Is there a tutorial on this? I want to get into it.


----------



## gketell

Here is the link Hans gave to me: http://www.woodworkersinstitute.com/page.asp?p=594  It covers it pretty well.

The pendant is around page 31 or 32.  

GK


----------



## penhead

I had to read your sentence a couple of times before I understood, and then it hit me 

Seriously, that's a nice looking piece and great use of contrasting burl colors..!



gketell said:


> Things I learned from this:
> 1) Your backing board should be should be balanced when turning the main shape.  I used a rectangular block with the pendant near the top and that hurt.  :redface::redface:
> GK


----------



## CaptG

Nice work, sure hope wife and sisters do not see this post.


----------



## Woodlvr

I was looking through the pictures and noticed that pages 9 and 34 are the same, Me thinks there is a picture missing for the necklace.
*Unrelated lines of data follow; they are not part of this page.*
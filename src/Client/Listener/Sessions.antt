-- ===== src/Client/Listener/Sessions.antt =====
-- client/listener.go: `startProxy`, `cleanupProxy` and the Accept loop of `BindListener`.
-- A call of startProxy is a session, numbered in the order of the calls; the identifier of session n
-- is `uuid n`, what uuid.New returned. What Close does to a proxy is in Client/Proxy; here it counts.
pub mod Cleanup
pub mod Reachable
mod Tests
use yamrp.Prelude.{
  Bool, List, Map, Option, String, [], erase, false, if◌then◌else◌, insert, no_entries, none, some,
  suc, true, update, ℕ, ◌+◌, ◌∷◌,
}
use yamrp.Errors.{Error, canceled, is_failure}
use yamrp.Chan.{Chan, make_chan, receive, send}

-- No session; before the proxy is stored; its goroutine at its select; that goroutine at its end
pub data Place : Type 0 where
  absent storing waiting finished : Place

pub record Session : Type 0 where
  pub place : Place
  pub eol_sig : Chan (Option Error)
  pub closes : ℕ  -- calls of proxy.Close
  pub channel_closes : ℕ  -- calls of dataChannel.Close
  pub closed : Option (Option Error)  -- the future that startProxy returns

pub record Listener : Type 0 where
  pub proxies : Map ℕ
  pub sessions : ℕ → Session
  pub started : ℕ
  pub done : Bool  -- l.ctx

abbrev new_session : Place → Session
new_session place = record {
  place = place;
  eol_sig = make_chan 1;
  closes = 0;
  channel_closes = 0;
  closed = none;
}

unfoldable pub new_listener : Listener
new_listener = record {
  proxies = no_entries;
  sessions = λ n. new_session absent;
  started = 0;
  done = false;
}

abbrev with_session : ℕ → Session → Listener → Listener
with_session n x s = record s { sessions = update s.sessions n x }

abbrev close_proxy : Session → Session
close_proxy x = record x { closes = suc x.closes }

pub cleanup_proxy : String → Listener → Listener
cleanup_proxy id s = elim (s.proxies id) [
  | none ↦ s
  | some n ↦ with_session n (close_proxy (s.sessions n)) (record s { proxies = erase s.proxies id })
]

abbrev or_full : Chan (Option Error) → Option (Chan (Option Error)) → Chan (Option Error)
or_full c none = c
or_full c (some d) = d

-- trySendEoL on eolSig
pub signal : ℕ → Option Error → Listener → Listener
unfolding send
signal n err s =
    let x = s.sessions n in
    with_session n (record x { eol_sig = or_full x.eol_sig (send x.eol_sig err) }) s

-- The goroutine of startProxy after its select
pub conclude : String → ℕ → Option Error → Listener → Listener
unfolding cleanup_proxy
conclude id n err s =
    let t = cleanup_proxy id s in
    let x = t.sessions n in
    with_session n
      (record x { place = finished; channel_closes = suc x.channel_closes; closed = some err }) t

pub data Event : Type 0 where
  starts cancels : Event
  -- the proxy is stored; a loop of the proxy signals; the data channel is closed
  stores channel_closes : ℕ → Event
  signals : ℕ → Option Error → Event
  takes_eol takes_done : ℕ → Event

module _ (uuid : ℕ → String) where
  -- The map is written and the goroutine started.
  pub store : ℕ → Place → Listener → Option Listener
  store n storing s = some (
      with_session n (record (s.sessions n) { place = waiting })
        (record s { proxies = insert s.proxies (uuid n) n }))
  store n _ s = none

  -- The callback that startProxy gives to OnClose
  pub on_close : ℕ → Place → Listener → Option Listener
  unfolding cleanup_proxy signal
  on_close n absent s = none
  on_close n _ s = some (signal n none (cleanup_proxy (uuid n) s))

  pub on_signal : ℕ → Option Error → Place → Listener → Option Listener
  unfolding signal
  on_signal n err absent s = none
  on_signal n err _ s = some (signal n err s)

  abbrev eol_taken : ℕ → Listener → Option (Option Error × Chan (Option Error)) → Option Listener
  unfolding conclude
  eol_taken n s none = none
  eol_taken n s (some (err, c)) =
      some (conclude (uuid n) n err (with_session n (record (s.sessions n) { eol_sig = c }) s))

  -- case errL := <-eolSig
  pub take_eol : ℕ → Place → Listener → Option Listener
  unfolding receive conclude
  take_eol n waiting s = eol_taken n s (receive (s.sessions n).eol_sig)
  take_eol n _ s = none

  -- case <-l.ctx.Done()
  pub take_done : ℕ → Place → Listener → Option Listener
  unfolding conclude
  take_done n waiting s = if s.done then some (conclude (uuid n) n (some canceled) s) else none
  take_done n _ s = none

  pub next : Event → Listener → Option Listener
  unfolding store on_close on_signal take_eol take_done
  next starts s =
      some (record (with_session s.started (new_session storing) s) { started = suc s.started })
  next cancels s = some (record s { done = true })
  next (stores n) s = store n (s.sessions n).place s
  next (channel_closes n) s = on_close n (s.sessions n).place s
  next (signals n err) s = on_signal n err (s.sessions n).place s
  next (takes_eol n) s = take_eol n (s.sessions n).place s
  next (takes_done n) s = take_done n (s.sessions n).place s

  abbrev silently : Option Listener → Option (Listener × Unit {0})
  silently none = none
  silently (some s) = some (s, tt)

  unfoldable pub step : Event → Listener → Option (Listener × Unit {0})
  unfolding next
  step e s = silently (next e s)

-- BindListener on what Accept and CreateDataChannel return: a connection or none with an error, and
-- the error for the data channel; `none` is the end of the context. It returns, it panics on a nil connection, or it has registered
-- that many callbacks, each of which calls startProxy once its data channel opens.
pub data Bound : Type 0 where
  fails : Option Error → Bound
  panics : Bound
  accepts : ℕ → Bound

abbrev add_one : Bound → Bound
add_one (accepts n) = accepts (n + 1)
add_one b = b

abbrev on_channel : Option Error → Bound → Bound
on_channel none rest = add_one rest
on_channel (some e) rest = rest

pub bind_listener : List (Option (Bool × Option Error × Option Error)) → Bound
bind_listener [] = accepts 0
bind_listener (none ∷ more) = fails (some canceled)
bind_listener (some (false, err, channel_err) ∷ more) = panics
bind_listener (some (true, err, channel_err) ∷ more) =
    let rest = bind_listener more in
    if is_failure err then fails err else on_channel channel_err rest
Thanks for the info about making necklaces.


----------



## USAFVET98

Damn! That means I need a center screww chuck?


----------



## mickr

very lovely


----------



## gad5264

Greg,
Sorry for starting something....HA


Can you tell me what kind of finish you used?


----------



## gketell

What do you have?  If you have anything other than a pen mandrel it is pretty easy to do.  If you only have a pen mandrel then you would have to work at it but it could be done.

If you have a 4-jaw chuck get a square piece of wood and drill a hole through the center then drive a #10 wood screw through that so it sticks out the other side.  That is now your screw chuck.  
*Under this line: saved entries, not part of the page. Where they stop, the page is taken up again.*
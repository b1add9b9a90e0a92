-- ===== src/Client/Listener/Sessions/Cleanup.antt =====
-- Every proxy that was started is closed once, whatever ends it.
use yamrp.Prelude.{
  Bool-cases, Map, Option, Option-cases, String, arith, eq_iff, erase, erase_all, inl, inr, none,
  refl, some, subst, suc, sym, update, ℕ, ◌==◌, ◌∙◌, ◌≡◌, ◌≢◌, ◌≤◌, ◌⊎◌,
}
use yamrp.Errors.{Error}
use yamrp.Client.Listener.Sessions.{
  Listener, Place, Session, absent, cleanup_proxy, close_proxy, conclude, finished, signal, storing,
  waiting, with_session,
}

-- What the map holds for a session, and how often its proxy was closed.
abbrev pub Fits : Option ℕ → ℕ → Place → Type 0
Fits entry closes absent = (entry ≡ none) × (closes ≡ 0)
Fits entry closes storing = (entry ≡ none) × (closes ≡ 0)
Fits entry closes waiting = ((entry ≢ none) × (closes ≡ 0)) ⊎ ((entry ≡ none) × (closes ≡ 1))
Fits entry closes finished = (entry ≡ none) × (closes ≡ 1)

module _ (uuid : ℕ → String) where
  abbrev pub FitsIn : Listener → ℕ → Type 0
  FitsIn s n = Fits (s.proxies (uuid n)) (s.sessions n).closes (s.sessions n).place

  pub record Inv (s : Listener) : Type 0 where
    pub owned : (k : String) (m : ℕ) → s.proxies k ≡ some m → uuid m ≡ k
    pub each : (n : ℕ) → FitsIn s n
    pub fresh : (n : ℕ) → s.started ≤ n → (s.sessions n).place ≡ absent

  module _ (distinct : (m n : ℕ) → uuid m ≡ uuid n → m ≡ n) where
    -- A write to one session and to the entry of its identifier.
    pub write-Inv :
        (n : ℕ) (x : Session) (m : Map ℕ) (s : Listener)
        → ((k : String) (j : ℕ) → m k ≡ some j → uuid j ≡ k)
        → ((j : ℕ) → n ≢ j → m (uuid j) ≡ s.proxies (uuid j))
        → Fits (m (uuid n)) x.closes x.place
        → (s.started ≤ n → x.place ≡ absent)
        → Inv s
        → Inv (with_session n x (record s { proxies = m }))
    write-Inv n x m s owned same fits new v = record { owned = owned; each = each; fresh = fresh }
      where
        each : (j : ℕ) → FitsIn (with_session n x (record s { proxies = m })) j
        each j = elim (Bool-cases (n == j)) [
          | inl e ↦
              let here : n ≡ j = ground (arith, e) in
              rw e (subst (λ i. Fits (m (uuid i)) x.closes x.place) here fits)
          | inr e ↦ let other : n ≢ j = ground (arith, e) in rw (e, same j other) (v.each j)
        ]

        fresh : (j : ℕ) → s.started ≤ j → (update s.sessions n x j).place ≡ absent
        fresh j le = elim (Bool-cases (n == j)) [
          | inl e ↦ let here : n ≡ j = ground (arith, e) in rw e (new (omega (arith, here, le)))
          | inr e ↦ rw e (v.fresh j le)
        ]

    -- A write to one session that leaves the map alone.
    pub touch-Inv :
        (n : ℕ) (x : Session) (s : Listener)
        → Fits (s.proxies (uuid n)) x.closes x.place
        → (s.started ≤ n → x.place ≡ absent)
        → Inv s
        → Inv (with_session n x s)
    touch-Inv n x s fits new v = write-Inv n x s.proxies s v.owned (λ j other. refl) fits new v

    -- What cleanupProxy leaves behind for a session.
    pub record Cleaned (n : ℕ) (s t : Listener) : Type 0 where
      pub inv : Inv t
      pub gone : t.proxies (uuid n) ≡ none
      pub place : (t.sessions n).place ≡ (s.sessions n).place
      pub started : t.started ≡ s.started

    entry-waiting :
        (n m : ℕ) (s : Listener)
        → FitsIn s n
        → s.proxies (uuid n) ≡ some m
        → ((s.sessions n).place ≡ waiting) × ((s.sessions n).closes ≡ 0)
    entry-waiting n m s fits e = go (s.sessions n).place refl fits
      where
        go :
            (p : Place)
            → (s.sessions n).place ≡ p
            → Fits (s.proxies (uuid n)) (s.sessions n).closes p
            → ((s.sessions n).place ≡ waiting) × ((s.sessions n).closes ≡ 0)
        go absent at f = cc
        go storing at f = cc
        go waiting at f = ground (arith, e)
        go finished at f = cc

    closed-Cleaned :
        (n m : ℕ) (s : Listener)
        → s.proxies (uuid n) ≡ some m
        → Inv s
        → Cleaned n s (
            with_session n
              (close_proxy (s.sessions n))
              (record s { proxies = erase s.proxies (uuid n) }))
    closed-Cleaned n m s e v = record {
      inv =
          write-Inv n (close_proxy (s.sessions n)) (erase s.proxies (uuid n)) s
            (erase_all (λ k j. uuid j ≡ k) s.proxies (uuid n) v.owned)
            (λ j other_session. ground (arith, eq_iff (uuid n) (uuid j), distinct n j)) fits
            (v.fresh n) v;
      gone = none_left;
      place = ground arith;
      started = refl;
    }
      where
        none_left : erase s.proxies (uuid n) (uuid n) ≡ none
        none_left = ground (arith, eq_iff (uuid n) (uuid n))

        fits :
            Fits
              (erase s.proxies (uuid n) (uuid n))
              (suc (s.sessions n).closes)
              (s.sessions n).place
        fits =
            let at = entry-waiting n m s (v.each n) e in
            subst (Fits (erase s.proxies (uuid n) (uuid n)) (suc (s.sessions n).closes)) (sym at.0)
              (inr (none_left, ground (arith, at.1)))

    pub cleanup_proxy-Cleaned :
        (n : ℕ) (s : Listener) → Inv s → Cleaned n s (cleanup_proxy (uuid n) s)
    unfolding cleanup_proxy
    cleanup_proxy-Cleaned n s v = elim (Option-cases (s.proxies (uuid n))) [
      | inl e ↦ rw (e, cleanup_proxy) (record { inv = v; gone = e; place = refl; started = refl })
      | inr (m, e) ↦
          let same : m ≡ n = distinct m n (v.owned (uuid n) m e) in
          rw (e, cleanup_proxy)
            (subst
              (λ i. Cleaned n s (
                with_session i (close_proxy (s.sessions i))
                  (record s { proxies = erase s.proxies (uuid n) })))
              (sym same) (closed-Cleaned n m s e v))
    ]

    pub closed_once :
        {entry : Option ℕ} {closes : ℕ} → Fits entry closes waiting → entry ≡ none → closes ≡ 1
    closed_once (inl (held, c)) gone = absurd (held gone)
    closed_once (inr (gone', c)) gone = c

    pub signal-Inv : (n : ℕ) (err : Option Error) (s : Listener) → Inv s → Inv (signal n err s)
    unfolding signal
    signal-Inv n err s v = touch-Inv n _ s (v.each n) (v.fresh n) v

    pub conclude-Inv :
        (n : ℕ) (err : Option Error) (s : Listener)
        → (s.sessions n).place ≡ waiting
        → Inv s
        → Inv (conclude (uuid n) n err s)
    unfolding conclude
    conclude-Inv n err s waits v =
        concluded (cleanup_proxy (uuid n) s) (cleanup_proxy-Cleaned n s v)
      where
        concluded :
            (t : Listener)
            → Cleaned n s t
            → Inv (
                with_session n
                  (record (t.sessions n) {
                    place = finished;
                    channel_closes = suc (t.sessions n).channel_closes;
                    closed = some err;
                  })
                  t)
        concluded t c =
            let fits =
              subst (Fits (t.proxies (uuid n)) (t.sessions n).closes) (c.place ∙ waits)
                (c.inv.each n) in
            touch-Inv n _ t (c.gone, closed_once fits c.gone)
              (λ le. cc (c.inv.fresh n le, c.place, waits)) c.inv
If you only have a pen mandrel then you will need to make/buy one of those bolts that is machine-thread on one end and wood screw threads on the other side.  This is your screw chuck.

I used a collet chuck and a #10 wood screw with the head cut off as my screw chuck.
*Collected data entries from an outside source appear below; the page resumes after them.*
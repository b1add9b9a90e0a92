-- ===== src/Client/Listener/Sessions/Reachable.antt =====
-- What holds of the sessions in every reachable state.
use yamrp.Prelude.{
  Bool, Bool-cases, List, Option, String, arith, eq_iff, false, if◌then◌else◌, inl, inr, insert,
  insert_all, none, refl, some, subst, suc, true, ℕ, ◌==◌, ◌≡◌,
}
use yamrp.Errors.{Error, canceled}
use yamrp.Chan.{Chan, receive}
use yamrp.Schedules.{Ensures, Holds, run, run_keeps}
use yamrp.Client.Listener.Sessions.{
  Event, Listener, Place, absent, cancels, channel_closes, cleanup_proxy, conclude, eol_taken,
  finished, new_listener, new_session, next, on_close, on_signal, signal, signals, silently, starts,
  step, store, stores, storing, take_done, take_eol, takes_done, takes_eol, waiting, with_session,
}
use yamrp.Client.Listener.Sessions.Cleanup.{
  Fits, FitsIn, Inv, cleanup_proxy-Cleaned, conclude-Inv, signal-Inv, touch-Inv, write-Inv,
}

module _ (uuid : ℕ → String) (distinct : (m n : ℕ) → uuid m ≡ uuid n → m ≡ n) where
  start-Inv :
      (s : Listener)
      → Inv uuid s
      → Inv uuid
          (record (with_session s.started (new_session storing) s) { started = suc s.started })
  start-Inv s v = record { owned = v.owned; each = each; fresh = λ j le. ground (arith, v.fresh j) }
    where
      empty : s.proxies (uuid s.started) ≡ none
      empty =
          (subst (Fits (s.proxies (uuid s.started)) (s.sessions s.started).closes)
            (v.fresh s.started (omega arith)) (v.each s.started)).0

      each : (j : ℕ) → FitsIn uuid (with_session s.started (new_session storing) s) j
      each j = elim (Bool-cases (s.started == j)) [
        | inl e ↦
            let here : s.started ≡ j = ground (arith, e) in
            rw e (subst (λ i. s.proxies (uuid i) ≡ none) here empty, refl)
        | inr e ↦ rw e (v.each j)
      ]

  store-Inv :
      (n : ℕ) (p : Place) (s : Listener)
      → (s.sessions n).place ≡ p
      → Inv uuid s
      → Holds (Inv uuid) (store uuid n p s)
  unfolding store
  store-Inv n storing s at v =
      write-Inv uuid distinct n (record (s.sessions n) { place = waiting })
        (insert s.proxies (uuid n) n) s
        (insert_all (λ k j. uuid j ≡ k) s.proxies (uuid n) n v.owned refl)
        (λ j apart. ground (arith, eq_iff (uuid n) (uuid j), distinct n j))
        (inl ((λ gone. ground (arith, eq_iff (uuid n) (uuid n))), unclosed.1))
        (λ le. cc (v.fresh n le, at)) v
    where
      unclosed : Fits (s.proxies (uuid n)) (s.sessions n).closes storing
      unclosed = subst (Fits (s.proxies (uuid n)) (s.sessions n).closes) at (v.each n)
  store-Inv n absent s at v = tt
  store-Inv n waiting s at v = tt
  store-Inv n finished s at v = tt

  closed-Inv :
      (n : ℕ) (s : Listener) → Inv uuid s → Inv uuid (signal n none (cleanup_proxy (uuid n) s))
  closed-Inv n s v =
      signal-Inv uuid distinct n none _ (cleanup_proxy-Cleaned uuid distinct n s v).inv

  on_close-Inv :
      (n : ℕ) (p : Place) (s : Listener) → Inv uuid s → Holds (Inv uuid) (on_close uuid n p s)
  unfolding on_close
  on_close-Inv n absent s v = tt
  on_close-Inv n storing s v = closed-Inv n s v
  on_close-Inv n waiting s v = closed-Inv n s v
  on_close-Inv n finished s v = closed-Inv n s v

  on_signal-Inv :
      (n : ℕ) (err : Option Error) (p : Place) (s : Listener)
      → Inv uuid s
      → Holds (Inv uuid) (on_signal uuid n err p s)
  unfolding on_signal
  on_signal-Inv n err absent s v = tt
  on_signal-Inv n err storing s v = signal-Inv uuid distinct n err s v
  on_signal-Inv n err waiting s v = signal-Inv uuid distinct n err s v
  on_signal-Inv n err finished s v = signal-Inv uuid distinct n err s v

  take_eol-Inv :
      (n : ℕ) (p : Place) (s : Listener)
      → (s.sessions n).place ≡ p
      → Inv uuid s
      → Holds (Inv uuid) (take_eol uuid n p s)
  unfolding take_eol
  take_eol-Inv n waiting s at v = taken (receive (s.sessions n).eol_sig)
    where
      taken :
          (o : Option (Option Error × Chan (Option Error)))
          → Holds (Inv uuid) (eol_taken uuid n s o)
      taken none = tt
      taken (some (err, c)) =
          conclude-Inv uuid distinct n err _ (ground (arith, at))
            (touch-Inv uuid distinct n _ s (v.each n) (v.fresh n) v)
  take_eol-Inv n absent s at v = tt
  take_eol-Inv n storing s at v = tt
  take_eol-Inv n finished s at v = tt

  take_done-Inv :
      (n : ℕ) (p : Place) (s : Listener)
      → (s.sessions n).place ≡ p
      → Inv uuid s
      → Holds (Inv uuid) (take_done uuid n p s)
  unfolding take_done
  take_done-Inv n waiting s at v = ended s.done
    where
      ended :
          (b : Bool)
          → Holds (Inv uuid) (if b then some (conclude (uuid n) n (some canceled) s) else none)
      ended true = conclude-Inv uuid distinct n (some canceled) s at v
      ended false = tt
  take_done-Inv n absent s at v = tt
  take_done-Inv n storing s at v = tt
  take_done-Inv n finished s at v = tt

  next-Inv : (e : Event) (s : Listener) → Inv uuid s → Holds (Inv uuid) (next uuid e s)
  unfolding next
  next-Inv starts s v = start-Inv s v
  next-Inv cancels s v = record { owned = v.owned; each = v.each; fresh = v.fresh }
  next-Inv (stores n) s v = store-Inv n (s.sessions n).place s refl v
  next-Inv (channel_closes n) s v = on_close-Inv n (s.sessions n).place s v
  next-Inv (signals n err) s v = on_signal-Inv n err (s.sessions n).place s v
  next-Inv (takes_eol n) s v = take_eol-Inv n (s.sessions n).place s refl v
  next-Inv (takes_done n) s v = take_done-Inv n (s.sessions n).place s refl v

  step-Inv : (e : Event) (s : Listener) → Inv uuid s → Ensures (Inv uuid) (step uuid e s)
  unfolding step
  step-Inv e s v = quietly (next uuid e s) (next-Inv e s v)
    where
      quietly : (o : Option Listener) → Holds (Inv uuid) o → Ensures (Inv uuid) (silently uuid o)
      quietly none h = tt
      quietly (some t) h = h

  -- Let uuid.New never return an identifier twice. Then, in every reachable state, the proxy of every
  -- session was closed at most once; that of a session whose goroutine waits is in the map and was
  -- not closed, or is not in the map and was closed; and that of a session whose goroutine has ended
  -- is not in the map and was closed, whether the proxy, the data channel or the context ended first.
  pub proxies_closed_once :
      (es : List Event) (n : ℕ) {s : Listener}
      → run (step uuid) es new_listener ≡ some s
      → Fits (s.proxies (uuid n)) (s.sessions n).closes (s.sessions n).place
  unfolding new_listener
  proxies_closed_once es n ran =
      let v =
        run_keeps (step uuid) (Inv uuid) step-Inv es new_listener
          (record { owned = λ k m h. cc; each = λ j. (refl, refl); fresh = λ j le. refl }) ran in
      v.each n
For all the screw chucks you will want to cut your screw off slightly shorter than your backing plate.

   Find piece of wood bigger than the biggest pendant you want to make.  This will be your backing plate.  (I used 3/4 ply.)  Drill one hole in the center and one hole off-set for your cord hole.  Thread this backing plate onto your screw chuck using the center hole.  Double-side tape your blank onto the backing plate and turn the outside of your pendant.  Sand it smooth.  Unscrew the backing plate and screw it back on using your cord hole.  Drill and turn that hole.  Sand it smooth.  (I went back and forth between holes until I was happy.)
   Remove the pendant from backing plate and sand the back edges so they aren't sharp.  Finish the pendant.

GK



USAFVET98 said:


> Damn! That means I need a center screww chuck?


----------



## hewunch

USAFVET98 said:


> Damn! That means I need a center screww chuck?



Not really. I used a collet chuck after I bent my screw. Just put a dowel in the center. You could use a face plate too


----------



## gketell

gad5264 said:


> Greg,
> Sorry for starting something....HA



Fibber.  But thank you anyway.  I'm having fun.




gad5264 said:


> Can you tell me what kind of finish you used?



Well, let's see.  For the first one I sanded to 0000 steel wool and then I wiped on some mineral oil.  That is what you see in the picture.   But I wasn't happy with that so after the pictures I took it out and buffed it with my red rouge buffing wheel.  Now I like it.

For the second one I sanded to 2000 sand paper (not MM) and then just applied a coat of wax and buffed it out.  It looks great.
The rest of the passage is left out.